Machine Learning for Classification of Emotion in Speech
Vivek Sharma1, Chandrabhanu Mishra2, Saroj Meher3, Santosh Mishra4
1Vivek Sharma, Biju Patnaik University of Technology, Rourkela, Odisha, India.
2Chandrabhanu Mishra, Associate Professor, Electronics & instrumentation engineering, College of Engineering and Technology, Bhubaneswar, Odisha, India.
3Saroj Meher, Systems Science and Informatics Unit, Indian Statistical Institute, Bangalore, India.
4Santosh Mishra, Biju Patnaik University of Technology, Rourkela, Odisha, India.

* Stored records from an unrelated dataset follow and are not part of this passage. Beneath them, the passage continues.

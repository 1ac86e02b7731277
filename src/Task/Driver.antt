-- ===== src/Task/Driver.antt =====
-- The loop of runPhases in internal/task/phases.go: the budgets at the head of each turn, and the case
-- of the phase that the task is in.
pub mod Termination
pub mod Acceptance
pub mod Loops
mod Examples
use local_engineer.Prelude.{
  ℕ, zero, suc, Bool, true, false, List, Option, none, some, if◌then◌else◌,
}
use local_engineer.GoStrings.{Text}
use local_engineer.Workflow.{Phase}
use local_engineer.Task.{State}
use local_engineer.Task.Verify.{
  Work, Why, no_time, no_tokens, Turn, crashed, stopped, moved, World, verify,
}
use local_engineer.Task.Finalize.{Closing, finalize}
use local_engineer.Task.Phases.{
  Opening, Planner, Editor, Reviewer, intake, localize, assess, planning, edit, review,
}

-- The answers of the world to one turn.
pub record Answers : Type 0 where
  pub out_of_time : Bool
  pub out_of_tokens : Bool
  pub candidate : Option Text
  pub opening : Opening
  pub planner : Planner
  pub editor : Editor
  pub reviewer : Reviewer
  pub world : World
  pub closing : Closing

unfoldable pub in_phase : Phase → Answers → Work → Turn
in_phase Phase.intake a w = intake a.opening a.world w
in_phase Phase.localize a w = localize a.opening a.world w
in_phase Phase.impact a w = assess a.opening a.world w
in_phase Phase.planning a w = planning a.planner a.world w
in_phase Phase.edit a w = edit a.editor a.world w
in_phase Phase.verify a w = verify a.world w
in_phase Phase.review a w = review a.reviewer a.world w
in_phase Phase.finalize a w = finalize a.closing a.world w

-- One round of the loop.
unfoldable pub turn : Answers → Work → Turn
turn a w =
    if a.out_of_time
    then stopped State.blocked no_time w
    else if a.out_of_tokens
    then stopped State.blocked no_tokens w
    else elim a.candidate [
      | none ↦ crashed
      | some candidate ↦ in_phase w.phase a (record w { candidate = candidate })
    ]

-- How a run of the loop ends; `unfinished` when the fuel is spent.
pub data Ending : Type 0 where
  driver_error unfinished : Ending
  ended : State → Why → Work → Ending

-- The loop, with the answers to the turns that are left counted down.
unfoldable pub drive : (ℕ → Answers) → ℕ → Work → Ending
drive answers zero w = unfinished
drive answers (suc fuel) w = elim (turn (answers fuel) w) [
  | crashed ↦ driver_error
  | stopped state why w' ↦ ended state why w'
  | moved w' ↦ drive answers fuel w'
]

Manuscript received on January 02, 2020. | Revised Manuscript received on January 15, 2020. | Manuscript published on January 30, 2020. | PP: 2118-2124 | Volume-8 Issue-5, January 2020. | Retrieval Number: E6084018520/2020©BEIESP | DOI: 10.35940/ijrte.E6084.018520
Open Access | Ethics and Policies | Cite | Mendeley
© The Authors. Blue Eyes Intelligence Engineering and Sciences Publication (BEIESP). This is an open access article under the CC BY-NC-ND license (http://creativecommons.org/licenses/by-nc-nd/4.0/)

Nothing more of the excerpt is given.